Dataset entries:
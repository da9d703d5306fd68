-- ===== src/Cluster/KubernetesState/Tests.antt =====
-- A cluster on Kubernetes with two pods of two clusters.
use teraslice.Cluster.KubernetesState.{Pod, KubeNode, runs_on, has_key, gen}
use teraslice.Cluster.KubernetesState.Pods.{active_at, has_member, shown, gen-shown}
use teraslice.Base.{String, ◌≡◌, ◌&&◌, ◌||◌, none, some, List, [], ◌∷◌, if◌then◌else◌, any_of}

abbrev pod : Pod
pod = record {
  name = "p1";
  cluster_name = some "c1";
  node_type = "worker";
  ex_id = "e1";
  job_id = "j1";
  host_ip = "10.0.0.1";
  pod_ip = "10.1.0.1";
  phase = "Running";
}

abbrev pods : List Pod
pods = pod ∷ record pod { cluster_name = some "c2" } ∷ record pod { phase = "Pending" } ∷ []

abbrev old : List (String × KubeNode)
old = ("10.0.0.9", record { node_id = "10.0.0.9"; hostname = "10.0.0.9"; active = [] }) ∷ []

gen-shown_example : active_at "10.0.0.1" (gen pods old "c1") ≡ (
    if any_of (runs_on "10.0.0.1") pods
      && (has_key "10.0.0.1" old || has_member "c1" "10.0.0.1" pods)
    then some (shown "c1" "10.0.0.1" pods)
    else none)
gen-shown_example = gen-shown pods old "c1" "10.0.0.1"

_Task brief_
Among the entries, copy every line containing the word "KubeNode".

_Response area_
use teraslice.Cluster.KubernetesState.{Pod, KubeNode, runs_on, has_key, gen}
abbrev old : List (String × KubeNode)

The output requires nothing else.